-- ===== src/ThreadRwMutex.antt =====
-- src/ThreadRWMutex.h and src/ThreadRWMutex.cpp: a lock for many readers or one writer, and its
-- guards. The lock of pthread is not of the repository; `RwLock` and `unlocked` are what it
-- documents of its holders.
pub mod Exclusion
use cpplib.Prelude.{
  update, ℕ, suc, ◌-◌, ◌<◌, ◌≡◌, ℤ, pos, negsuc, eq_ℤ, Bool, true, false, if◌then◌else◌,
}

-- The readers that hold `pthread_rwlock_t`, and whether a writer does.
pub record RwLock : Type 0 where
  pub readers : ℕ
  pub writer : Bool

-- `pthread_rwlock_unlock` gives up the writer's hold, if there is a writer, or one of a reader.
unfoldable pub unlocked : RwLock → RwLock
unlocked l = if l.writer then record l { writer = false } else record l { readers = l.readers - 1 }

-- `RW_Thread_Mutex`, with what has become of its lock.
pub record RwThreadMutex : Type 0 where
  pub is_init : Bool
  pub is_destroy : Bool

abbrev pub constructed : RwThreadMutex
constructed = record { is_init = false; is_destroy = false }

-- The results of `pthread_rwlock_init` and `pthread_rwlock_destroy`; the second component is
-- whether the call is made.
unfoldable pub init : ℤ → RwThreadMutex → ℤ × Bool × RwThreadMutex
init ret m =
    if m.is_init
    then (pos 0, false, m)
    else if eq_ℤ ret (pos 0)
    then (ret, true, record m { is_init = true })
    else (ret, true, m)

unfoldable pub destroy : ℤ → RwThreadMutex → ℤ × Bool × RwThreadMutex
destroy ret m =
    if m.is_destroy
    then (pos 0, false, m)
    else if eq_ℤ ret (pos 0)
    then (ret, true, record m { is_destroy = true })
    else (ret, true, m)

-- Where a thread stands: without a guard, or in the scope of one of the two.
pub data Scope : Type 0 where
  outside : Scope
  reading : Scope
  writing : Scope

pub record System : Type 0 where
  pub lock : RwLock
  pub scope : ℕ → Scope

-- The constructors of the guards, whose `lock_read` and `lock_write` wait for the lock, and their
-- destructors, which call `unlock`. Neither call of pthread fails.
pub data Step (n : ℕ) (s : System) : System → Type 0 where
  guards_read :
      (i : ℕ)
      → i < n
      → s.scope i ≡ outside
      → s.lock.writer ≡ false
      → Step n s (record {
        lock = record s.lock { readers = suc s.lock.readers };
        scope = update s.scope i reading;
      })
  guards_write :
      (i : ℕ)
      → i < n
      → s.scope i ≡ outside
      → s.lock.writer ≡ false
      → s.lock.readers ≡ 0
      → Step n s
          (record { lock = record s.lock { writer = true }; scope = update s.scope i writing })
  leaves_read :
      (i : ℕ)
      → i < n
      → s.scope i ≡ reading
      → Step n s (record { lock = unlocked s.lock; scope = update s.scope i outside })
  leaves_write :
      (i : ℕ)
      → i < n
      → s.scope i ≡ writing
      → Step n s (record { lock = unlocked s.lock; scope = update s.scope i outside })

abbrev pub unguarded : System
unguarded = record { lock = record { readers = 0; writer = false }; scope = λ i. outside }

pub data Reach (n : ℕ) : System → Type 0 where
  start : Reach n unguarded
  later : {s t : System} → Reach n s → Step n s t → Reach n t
####
[YOUR INSTRUCTIONS]: Retype every record above exactly as it appears.

[WRITTEN SOLUTION]:
-- ===== src/ThreadRwMutex.antt =====
-- src/ThreadRWMutex.h and src/ThreadRWMutex.cpp: a lock for many readers or one writer, and its
-- guards. The lock of pthread is not of the repository; `RwLock` and `unlocked` are what it
-- documents of its holders.
pub mod Exclusion
use cpplib.Prelude.{
  update, ℕ, suc, ◌-◌, ◌<◌, ◌≡◌, ℤ, pos, negsuc, eq_ℤ, Bool, true, false, if◌then◌else◌,
}

-- The readers that hold `pthread_rwlock_t`, and whether a writer does.
pub record RwLock : Type 0 where
  pub readers : ℕ
  pub writer : Bool

-- `pthread_rwlock_unlock` gives up the writer's hold, if there is a writer, or one of a reader.
unfoldable pub unlocked : RwLock → RwLock
unlocked l = if l.writer then record l { writer = false } else record l { readers = l.readers - 1 }

-- `RW_Thread_Mutex`, with what has become of its lock.
pub record RwThreadMutex : Type 0 where
  pub is_init : Bool
  pub is_destroy : Bool

abbrev pub constructed : RwThreadMutex
constructed = record { is_init = false; is_destroy = false }

-- The results of `pthread_rwlock_init` and `pthread_rwlock_destroy`; the second component is
-- whether the call is made.
unfoldable pub init : ℤ → RwThreadMutex → ℤ × Bool × RwThreadMutex
init ret m =
    if m.is_init
    then (pos 0, false, m)
    else if eq_ℤ ret (pos 0)
    then (ret, true, record m { is_init = true })
    else (ret, true, m)

unfoldable pub destroy : ℤ → RwThreadMutex → ℤ × Bool × RwThreadMutex
destroy ret m =
    if m.is_destroy
    then (pos 0, false, m)
    else if eq_ℤ ret (pos 0)
    then (ret, true, record m { is_destroy = true })
    else (ret, true, m)

-- Where a thread stands: without a guard, or in the scope of one of the two.
pub data Scope : Type 0 where
  outside : Scope
  reading : Scope
  writing : Scope

pub record System : Type 0 where
  pub lock : RwLock
  pub scope : ℕ → Scope

-- The constructors of the guards, whose `lock_read` and `lock_write` wait for the lock, and their
-- destructors, which call `unlock`. Neither call of pthread fails.
pub data Step (n : ℕ) (s : System) : System → Type 0 where
  guards_read :
      (i : ℕ)
      → i < n
      → s.scope i ≡ outside
      → s.lock.writer ≡ false
      → Step n s (record {
        lock = record s.lock { readers = suc s.lock.readers };
        scope = update s.scope i reading;
      })
  guards_write :
      (i : ℕ)
      → i < n
      → s.scope i ≡ outside
      → s.lock.writer ≡ false
      → s.lock.readers ≡ 0
      → Step n s
          (record { lock = record s.lock { writer = true }; scope = update s.scope i writing })
  leaves_read :
      (i : ℕ)
      → i < n
      → s.scope i ≡ reading
      → Step n s (record { lock = unlocked s.lock; scope = update s.scope i outside })
  leaves_write :
      (i : ℕ)
      → i < n
      → s.scope i ≡ writing
      → Step n s (record { lock = unlocked s.lock; scope = update s.scope i outside })

abbrev pub unguarded : System
unguarded = record { lock = record { readers = 0; writer = false }; scope = λ i. outside }

pub data Reach (n : ℕ) : System → Type 0 where
  start : Reach n unguarded
  later : {s t : System} → Reach n s → Step n s t → Reach n t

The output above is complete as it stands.